## Stored data entries
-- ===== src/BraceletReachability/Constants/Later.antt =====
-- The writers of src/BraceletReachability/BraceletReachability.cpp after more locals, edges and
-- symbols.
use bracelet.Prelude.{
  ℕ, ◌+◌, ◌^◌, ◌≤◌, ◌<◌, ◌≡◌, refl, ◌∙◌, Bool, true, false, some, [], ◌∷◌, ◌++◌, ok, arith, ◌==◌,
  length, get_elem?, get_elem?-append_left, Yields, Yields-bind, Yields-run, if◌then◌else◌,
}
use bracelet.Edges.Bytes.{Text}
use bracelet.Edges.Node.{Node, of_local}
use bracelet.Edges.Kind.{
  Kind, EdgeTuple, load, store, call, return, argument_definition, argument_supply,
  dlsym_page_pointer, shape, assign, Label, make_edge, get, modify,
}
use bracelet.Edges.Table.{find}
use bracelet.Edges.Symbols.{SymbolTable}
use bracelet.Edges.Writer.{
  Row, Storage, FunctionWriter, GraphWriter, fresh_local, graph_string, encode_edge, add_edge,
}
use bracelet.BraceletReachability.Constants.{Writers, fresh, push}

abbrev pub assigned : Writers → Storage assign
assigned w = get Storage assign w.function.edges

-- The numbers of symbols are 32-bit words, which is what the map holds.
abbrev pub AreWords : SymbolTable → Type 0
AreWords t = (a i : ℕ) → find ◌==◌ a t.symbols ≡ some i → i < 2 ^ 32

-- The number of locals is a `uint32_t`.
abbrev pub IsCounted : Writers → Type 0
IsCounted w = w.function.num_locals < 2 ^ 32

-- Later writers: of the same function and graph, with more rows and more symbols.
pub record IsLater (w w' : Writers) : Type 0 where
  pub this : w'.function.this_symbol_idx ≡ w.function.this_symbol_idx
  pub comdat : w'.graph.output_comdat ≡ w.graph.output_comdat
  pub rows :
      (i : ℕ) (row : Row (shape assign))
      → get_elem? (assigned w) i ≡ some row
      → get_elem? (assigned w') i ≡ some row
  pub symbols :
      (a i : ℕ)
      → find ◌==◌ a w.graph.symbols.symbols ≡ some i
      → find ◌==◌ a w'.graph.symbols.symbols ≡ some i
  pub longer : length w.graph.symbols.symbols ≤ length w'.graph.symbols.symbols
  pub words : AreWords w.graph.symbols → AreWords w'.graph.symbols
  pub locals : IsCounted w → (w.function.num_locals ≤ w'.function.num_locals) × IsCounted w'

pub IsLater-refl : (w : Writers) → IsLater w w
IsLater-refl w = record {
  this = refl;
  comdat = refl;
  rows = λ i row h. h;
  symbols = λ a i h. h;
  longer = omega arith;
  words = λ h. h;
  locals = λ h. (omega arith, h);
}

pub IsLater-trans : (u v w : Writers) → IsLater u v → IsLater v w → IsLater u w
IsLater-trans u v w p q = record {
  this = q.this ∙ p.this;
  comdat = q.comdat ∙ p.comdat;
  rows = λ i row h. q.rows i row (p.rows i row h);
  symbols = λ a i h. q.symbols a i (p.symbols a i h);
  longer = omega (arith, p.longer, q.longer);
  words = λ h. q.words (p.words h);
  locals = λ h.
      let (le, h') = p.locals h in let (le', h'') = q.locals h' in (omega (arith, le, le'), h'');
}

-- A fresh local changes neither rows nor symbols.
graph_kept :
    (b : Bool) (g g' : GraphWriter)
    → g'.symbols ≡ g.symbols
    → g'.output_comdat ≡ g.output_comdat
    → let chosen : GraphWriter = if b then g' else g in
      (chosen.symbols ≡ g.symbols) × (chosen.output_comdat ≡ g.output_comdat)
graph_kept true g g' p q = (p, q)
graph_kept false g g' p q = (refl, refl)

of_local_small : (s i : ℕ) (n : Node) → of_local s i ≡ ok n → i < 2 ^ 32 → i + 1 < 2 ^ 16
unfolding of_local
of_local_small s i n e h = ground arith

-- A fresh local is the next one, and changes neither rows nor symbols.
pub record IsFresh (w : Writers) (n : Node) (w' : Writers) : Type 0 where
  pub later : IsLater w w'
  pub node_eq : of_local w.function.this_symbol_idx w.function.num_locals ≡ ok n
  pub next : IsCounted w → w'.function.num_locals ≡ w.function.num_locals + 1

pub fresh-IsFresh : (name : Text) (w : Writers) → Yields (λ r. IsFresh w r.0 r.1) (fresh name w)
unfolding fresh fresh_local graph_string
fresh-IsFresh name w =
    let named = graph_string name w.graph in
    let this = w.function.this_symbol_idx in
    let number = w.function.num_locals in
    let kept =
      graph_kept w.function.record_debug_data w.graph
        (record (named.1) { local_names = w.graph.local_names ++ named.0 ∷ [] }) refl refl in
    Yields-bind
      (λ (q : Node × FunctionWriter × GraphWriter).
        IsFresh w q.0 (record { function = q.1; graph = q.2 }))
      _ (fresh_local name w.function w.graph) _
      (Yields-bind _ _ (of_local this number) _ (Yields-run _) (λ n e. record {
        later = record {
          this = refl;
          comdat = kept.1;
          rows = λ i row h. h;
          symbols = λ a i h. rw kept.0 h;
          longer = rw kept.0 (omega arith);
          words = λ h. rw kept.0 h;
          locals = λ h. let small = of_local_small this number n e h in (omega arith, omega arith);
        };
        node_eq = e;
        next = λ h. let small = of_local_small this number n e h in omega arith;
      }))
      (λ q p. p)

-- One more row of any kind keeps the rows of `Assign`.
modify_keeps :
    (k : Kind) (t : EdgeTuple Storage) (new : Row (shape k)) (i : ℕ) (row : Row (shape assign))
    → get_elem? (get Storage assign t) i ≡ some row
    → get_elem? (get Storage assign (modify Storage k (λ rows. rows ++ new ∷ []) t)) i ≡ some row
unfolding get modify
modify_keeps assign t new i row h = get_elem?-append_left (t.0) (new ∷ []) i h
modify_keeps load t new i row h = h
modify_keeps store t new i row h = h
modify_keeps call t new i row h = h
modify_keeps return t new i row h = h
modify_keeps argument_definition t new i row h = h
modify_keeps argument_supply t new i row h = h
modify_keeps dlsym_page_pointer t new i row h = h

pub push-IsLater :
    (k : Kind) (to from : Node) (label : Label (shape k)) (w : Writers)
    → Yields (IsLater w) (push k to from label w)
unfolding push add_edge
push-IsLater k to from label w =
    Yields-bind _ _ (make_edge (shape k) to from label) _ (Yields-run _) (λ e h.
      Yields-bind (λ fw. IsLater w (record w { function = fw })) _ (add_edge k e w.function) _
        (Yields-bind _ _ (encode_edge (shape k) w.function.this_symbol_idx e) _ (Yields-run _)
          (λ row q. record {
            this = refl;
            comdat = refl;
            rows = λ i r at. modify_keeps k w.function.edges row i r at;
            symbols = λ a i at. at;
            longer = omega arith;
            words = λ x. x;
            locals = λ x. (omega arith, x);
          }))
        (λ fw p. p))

...

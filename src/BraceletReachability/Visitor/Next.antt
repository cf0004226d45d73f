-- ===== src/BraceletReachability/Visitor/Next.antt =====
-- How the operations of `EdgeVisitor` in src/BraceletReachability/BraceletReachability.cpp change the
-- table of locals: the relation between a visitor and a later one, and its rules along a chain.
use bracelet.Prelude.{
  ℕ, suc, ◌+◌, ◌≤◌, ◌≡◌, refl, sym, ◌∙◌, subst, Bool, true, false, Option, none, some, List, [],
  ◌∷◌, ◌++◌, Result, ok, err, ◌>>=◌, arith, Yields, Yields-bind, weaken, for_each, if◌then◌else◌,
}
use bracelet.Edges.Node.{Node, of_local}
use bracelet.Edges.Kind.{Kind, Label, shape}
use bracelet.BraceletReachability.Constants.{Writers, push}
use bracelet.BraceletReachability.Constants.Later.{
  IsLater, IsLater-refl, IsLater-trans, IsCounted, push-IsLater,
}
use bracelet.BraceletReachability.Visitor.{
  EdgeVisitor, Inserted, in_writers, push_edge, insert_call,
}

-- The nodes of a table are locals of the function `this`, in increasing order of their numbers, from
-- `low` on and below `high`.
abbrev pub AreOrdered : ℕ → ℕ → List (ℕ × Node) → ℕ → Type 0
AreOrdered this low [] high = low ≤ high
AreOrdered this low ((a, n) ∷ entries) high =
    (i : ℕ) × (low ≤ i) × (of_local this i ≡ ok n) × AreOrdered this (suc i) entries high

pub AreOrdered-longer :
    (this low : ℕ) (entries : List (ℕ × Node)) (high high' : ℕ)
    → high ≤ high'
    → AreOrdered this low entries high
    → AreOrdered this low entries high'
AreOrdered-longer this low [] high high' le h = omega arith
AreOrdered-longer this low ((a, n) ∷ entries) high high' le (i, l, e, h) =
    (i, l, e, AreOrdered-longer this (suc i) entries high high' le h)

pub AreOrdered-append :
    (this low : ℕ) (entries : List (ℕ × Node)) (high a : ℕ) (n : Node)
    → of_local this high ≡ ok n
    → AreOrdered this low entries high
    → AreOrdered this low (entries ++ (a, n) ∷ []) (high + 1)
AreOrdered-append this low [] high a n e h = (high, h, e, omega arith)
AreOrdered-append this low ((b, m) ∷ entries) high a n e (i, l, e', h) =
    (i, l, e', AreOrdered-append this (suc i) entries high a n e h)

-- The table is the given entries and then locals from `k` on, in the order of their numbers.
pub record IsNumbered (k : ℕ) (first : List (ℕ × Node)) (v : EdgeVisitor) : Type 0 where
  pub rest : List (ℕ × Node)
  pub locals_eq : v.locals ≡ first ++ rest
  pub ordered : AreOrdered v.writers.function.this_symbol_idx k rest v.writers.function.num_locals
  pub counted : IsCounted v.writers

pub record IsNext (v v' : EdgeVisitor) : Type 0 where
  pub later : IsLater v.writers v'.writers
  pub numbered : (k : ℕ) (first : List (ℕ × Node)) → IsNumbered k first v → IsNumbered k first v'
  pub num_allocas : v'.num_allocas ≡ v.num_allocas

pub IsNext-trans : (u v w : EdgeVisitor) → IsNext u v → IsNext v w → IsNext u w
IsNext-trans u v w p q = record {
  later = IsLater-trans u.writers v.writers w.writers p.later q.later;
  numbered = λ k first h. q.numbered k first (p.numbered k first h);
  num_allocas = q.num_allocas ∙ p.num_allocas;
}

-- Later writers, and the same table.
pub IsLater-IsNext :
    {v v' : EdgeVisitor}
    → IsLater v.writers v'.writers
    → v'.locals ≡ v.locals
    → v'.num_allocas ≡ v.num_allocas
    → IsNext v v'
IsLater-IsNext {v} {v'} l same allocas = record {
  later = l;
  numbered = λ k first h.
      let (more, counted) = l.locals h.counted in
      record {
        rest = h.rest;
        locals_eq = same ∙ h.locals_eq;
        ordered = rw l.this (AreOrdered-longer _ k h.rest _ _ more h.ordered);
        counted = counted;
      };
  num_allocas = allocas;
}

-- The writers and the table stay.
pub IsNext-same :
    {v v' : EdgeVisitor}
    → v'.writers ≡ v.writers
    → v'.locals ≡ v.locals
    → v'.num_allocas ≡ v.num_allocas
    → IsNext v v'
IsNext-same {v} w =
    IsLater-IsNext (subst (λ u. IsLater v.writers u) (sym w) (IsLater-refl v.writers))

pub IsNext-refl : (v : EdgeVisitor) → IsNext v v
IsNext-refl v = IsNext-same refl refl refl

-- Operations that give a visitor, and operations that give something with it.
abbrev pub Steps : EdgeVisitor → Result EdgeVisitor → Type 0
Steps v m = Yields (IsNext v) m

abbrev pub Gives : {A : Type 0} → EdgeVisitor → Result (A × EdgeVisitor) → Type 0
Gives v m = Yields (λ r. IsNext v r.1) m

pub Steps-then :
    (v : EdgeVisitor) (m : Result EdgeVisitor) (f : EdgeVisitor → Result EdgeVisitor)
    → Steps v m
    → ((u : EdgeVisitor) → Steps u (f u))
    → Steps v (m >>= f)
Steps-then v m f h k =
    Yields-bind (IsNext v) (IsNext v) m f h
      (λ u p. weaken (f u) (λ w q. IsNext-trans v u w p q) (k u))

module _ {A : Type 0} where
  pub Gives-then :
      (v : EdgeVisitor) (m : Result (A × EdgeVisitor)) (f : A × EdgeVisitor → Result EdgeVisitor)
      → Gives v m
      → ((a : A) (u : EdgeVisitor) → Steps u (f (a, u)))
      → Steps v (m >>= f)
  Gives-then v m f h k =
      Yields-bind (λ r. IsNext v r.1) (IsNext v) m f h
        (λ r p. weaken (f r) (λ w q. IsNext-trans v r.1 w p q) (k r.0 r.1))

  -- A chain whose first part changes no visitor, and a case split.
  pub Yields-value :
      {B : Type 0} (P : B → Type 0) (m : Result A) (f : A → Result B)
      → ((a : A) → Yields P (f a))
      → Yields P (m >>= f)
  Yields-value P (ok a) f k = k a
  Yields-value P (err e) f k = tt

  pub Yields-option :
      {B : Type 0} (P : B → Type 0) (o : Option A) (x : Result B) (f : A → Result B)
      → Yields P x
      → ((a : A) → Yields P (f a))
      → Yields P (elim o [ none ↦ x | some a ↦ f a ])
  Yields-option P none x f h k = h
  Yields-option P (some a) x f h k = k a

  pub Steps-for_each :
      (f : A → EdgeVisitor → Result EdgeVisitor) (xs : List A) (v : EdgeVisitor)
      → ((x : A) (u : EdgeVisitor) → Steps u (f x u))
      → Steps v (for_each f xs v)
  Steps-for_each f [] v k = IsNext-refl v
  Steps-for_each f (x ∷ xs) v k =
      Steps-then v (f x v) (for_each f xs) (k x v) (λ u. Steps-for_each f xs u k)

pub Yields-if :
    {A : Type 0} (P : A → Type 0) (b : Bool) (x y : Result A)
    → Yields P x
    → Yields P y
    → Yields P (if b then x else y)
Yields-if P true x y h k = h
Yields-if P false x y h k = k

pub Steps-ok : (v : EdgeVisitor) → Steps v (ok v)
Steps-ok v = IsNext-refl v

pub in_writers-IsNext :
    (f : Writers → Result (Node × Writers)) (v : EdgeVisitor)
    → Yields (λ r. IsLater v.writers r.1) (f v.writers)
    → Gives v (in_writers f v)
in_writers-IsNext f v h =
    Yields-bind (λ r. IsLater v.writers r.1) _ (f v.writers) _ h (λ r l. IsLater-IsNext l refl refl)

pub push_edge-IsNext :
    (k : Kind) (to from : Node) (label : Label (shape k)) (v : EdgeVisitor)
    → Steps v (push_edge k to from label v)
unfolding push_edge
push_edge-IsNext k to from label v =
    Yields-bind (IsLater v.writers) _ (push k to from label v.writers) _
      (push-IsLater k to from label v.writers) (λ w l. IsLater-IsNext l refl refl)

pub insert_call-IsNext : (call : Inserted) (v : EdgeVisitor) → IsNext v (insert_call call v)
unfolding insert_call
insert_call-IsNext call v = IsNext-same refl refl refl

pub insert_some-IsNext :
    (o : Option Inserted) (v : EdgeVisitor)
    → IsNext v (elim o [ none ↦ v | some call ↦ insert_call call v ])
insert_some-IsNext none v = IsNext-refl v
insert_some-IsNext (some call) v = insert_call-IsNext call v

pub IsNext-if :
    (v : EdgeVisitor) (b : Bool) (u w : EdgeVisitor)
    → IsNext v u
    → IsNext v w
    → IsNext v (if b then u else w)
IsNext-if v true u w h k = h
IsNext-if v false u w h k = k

...

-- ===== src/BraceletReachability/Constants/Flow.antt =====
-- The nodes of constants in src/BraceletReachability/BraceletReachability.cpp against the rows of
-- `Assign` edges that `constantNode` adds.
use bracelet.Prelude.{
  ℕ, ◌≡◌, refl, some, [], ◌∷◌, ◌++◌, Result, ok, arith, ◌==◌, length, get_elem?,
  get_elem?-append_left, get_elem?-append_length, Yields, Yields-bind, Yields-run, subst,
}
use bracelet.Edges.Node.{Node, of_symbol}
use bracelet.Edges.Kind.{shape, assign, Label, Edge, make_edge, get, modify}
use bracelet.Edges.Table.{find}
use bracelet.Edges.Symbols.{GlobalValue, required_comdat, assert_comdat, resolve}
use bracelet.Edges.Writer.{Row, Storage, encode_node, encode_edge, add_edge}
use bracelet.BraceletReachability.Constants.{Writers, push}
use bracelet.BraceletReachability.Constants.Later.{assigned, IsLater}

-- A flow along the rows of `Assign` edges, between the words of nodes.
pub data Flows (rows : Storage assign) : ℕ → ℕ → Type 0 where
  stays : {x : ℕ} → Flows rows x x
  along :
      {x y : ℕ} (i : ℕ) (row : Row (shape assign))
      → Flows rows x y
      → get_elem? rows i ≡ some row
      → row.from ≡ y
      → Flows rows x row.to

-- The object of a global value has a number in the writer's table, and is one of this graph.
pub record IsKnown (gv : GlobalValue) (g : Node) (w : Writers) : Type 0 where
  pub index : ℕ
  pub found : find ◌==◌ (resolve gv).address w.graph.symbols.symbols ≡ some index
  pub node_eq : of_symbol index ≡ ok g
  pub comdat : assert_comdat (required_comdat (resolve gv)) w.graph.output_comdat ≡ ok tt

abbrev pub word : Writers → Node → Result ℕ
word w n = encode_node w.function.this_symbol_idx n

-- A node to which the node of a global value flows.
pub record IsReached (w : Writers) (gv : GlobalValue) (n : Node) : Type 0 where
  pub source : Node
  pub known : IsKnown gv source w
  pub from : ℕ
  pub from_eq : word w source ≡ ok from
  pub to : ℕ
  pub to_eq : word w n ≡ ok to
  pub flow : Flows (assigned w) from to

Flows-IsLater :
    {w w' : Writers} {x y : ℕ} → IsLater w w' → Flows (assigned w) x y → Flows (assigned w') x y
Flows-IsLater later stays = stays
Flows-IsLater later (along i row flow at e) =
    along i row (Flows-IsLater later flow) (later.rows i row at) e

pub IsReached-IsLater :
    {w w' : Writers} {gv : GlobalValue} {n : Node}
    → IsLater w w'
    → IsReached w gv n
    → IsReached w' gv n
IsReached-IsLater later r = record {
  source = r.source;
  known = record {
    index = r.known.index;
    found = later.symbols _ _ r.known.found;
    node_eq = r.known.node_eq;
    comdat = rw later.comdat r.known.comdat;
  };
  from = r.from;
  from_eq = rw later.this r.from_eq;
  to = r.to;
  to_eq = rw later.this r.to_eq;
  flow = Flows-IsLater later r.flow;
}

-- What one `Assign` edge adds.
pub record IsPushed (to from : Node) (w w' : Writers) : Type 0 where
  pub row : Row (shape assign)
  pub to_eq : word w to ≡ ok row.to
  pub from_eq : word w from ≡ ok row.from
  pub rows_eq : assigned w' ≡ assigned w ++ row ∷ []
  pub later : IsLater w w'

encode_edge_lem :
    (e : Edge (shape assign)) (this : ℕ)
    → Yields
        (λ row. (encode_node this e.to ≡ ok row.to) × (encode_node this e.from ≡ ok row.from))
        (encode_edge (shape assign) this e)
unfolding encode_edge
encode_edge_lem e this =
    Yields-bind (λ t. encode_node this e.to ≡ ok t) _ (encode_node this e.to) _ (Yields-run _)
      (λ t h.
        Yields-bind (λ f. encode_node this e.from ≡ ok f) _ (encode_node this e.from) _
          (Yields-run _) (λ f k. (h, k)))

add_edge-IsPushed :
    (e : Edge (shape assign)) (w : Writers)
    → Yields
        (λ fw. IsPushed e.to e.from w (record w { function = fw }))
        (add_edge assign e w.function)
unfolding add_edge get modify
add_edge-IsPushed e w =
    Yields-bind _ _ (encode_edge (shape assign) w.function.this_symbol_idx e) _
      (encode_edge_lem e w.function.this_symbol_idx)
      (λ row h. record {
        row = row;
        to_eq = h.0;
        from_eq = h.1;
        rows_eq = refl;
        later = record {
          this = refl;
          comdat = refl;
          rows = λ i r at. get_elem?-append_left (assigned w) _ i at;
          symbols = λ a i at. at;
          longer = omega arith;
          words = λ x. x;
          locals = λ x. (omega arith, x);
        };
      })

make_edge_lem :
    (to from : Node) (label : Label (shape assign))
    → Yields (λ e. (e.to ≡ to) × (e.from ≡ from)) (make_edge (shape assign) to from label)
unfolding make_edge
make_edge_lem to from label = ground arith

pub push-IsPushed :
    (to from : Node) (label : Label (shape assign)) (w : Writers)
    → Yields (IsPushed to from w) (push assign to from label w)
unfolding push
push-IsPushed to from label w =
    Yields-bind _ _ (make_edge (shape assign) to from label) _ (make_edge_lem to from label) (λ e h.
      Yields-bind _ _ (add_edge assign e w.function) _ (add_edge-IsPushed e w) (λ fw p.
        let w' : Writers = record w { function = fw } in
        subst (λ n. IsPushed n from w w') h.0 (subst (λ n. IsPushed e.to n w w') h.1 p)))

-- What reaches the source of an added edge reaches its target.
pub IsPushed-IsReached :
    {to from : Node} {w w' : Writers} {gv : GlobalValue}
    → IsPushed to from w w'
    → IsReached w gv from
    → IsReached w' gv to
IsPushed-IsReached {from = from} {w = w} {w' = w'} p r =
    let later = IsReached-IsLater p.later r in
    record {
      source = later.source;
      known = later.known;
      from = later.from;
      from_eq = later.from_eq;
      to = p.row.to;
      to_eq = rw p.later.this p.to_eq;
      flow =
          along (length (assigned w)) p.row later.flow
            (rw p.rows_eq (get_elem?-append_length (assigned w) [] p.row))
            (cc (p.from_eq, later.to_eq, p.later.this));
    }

## REQUIRED WORK
Look above for the line that contains "AreOrdered-append this low []". Starting there, transcribe every line exactly until you have copied the line that contains "pub locals_eq : v.locals ≡ first ++ rest".

## TASK SOLUTION
AreOrdered-append this low [] high a n e h = (high, h, e, omega arith)
AreOrdered-append this low ((b, m) ∷ entries) high a n e (i, l, e', h) =
    (i, l, e', AreOrdered-append this (suc i) entries high a n e h)

-- The table is the given entries and then locals from `k` on, in the order of their numbers.
pub record IsNumbered (k : ℕ) (first : List (ℕ × Node)) (v : EdgeVisitor) : Type 0 where
  pub rest : List (ℕ × Node)
  pub locals_eq : v.locals ≡ first ++ rest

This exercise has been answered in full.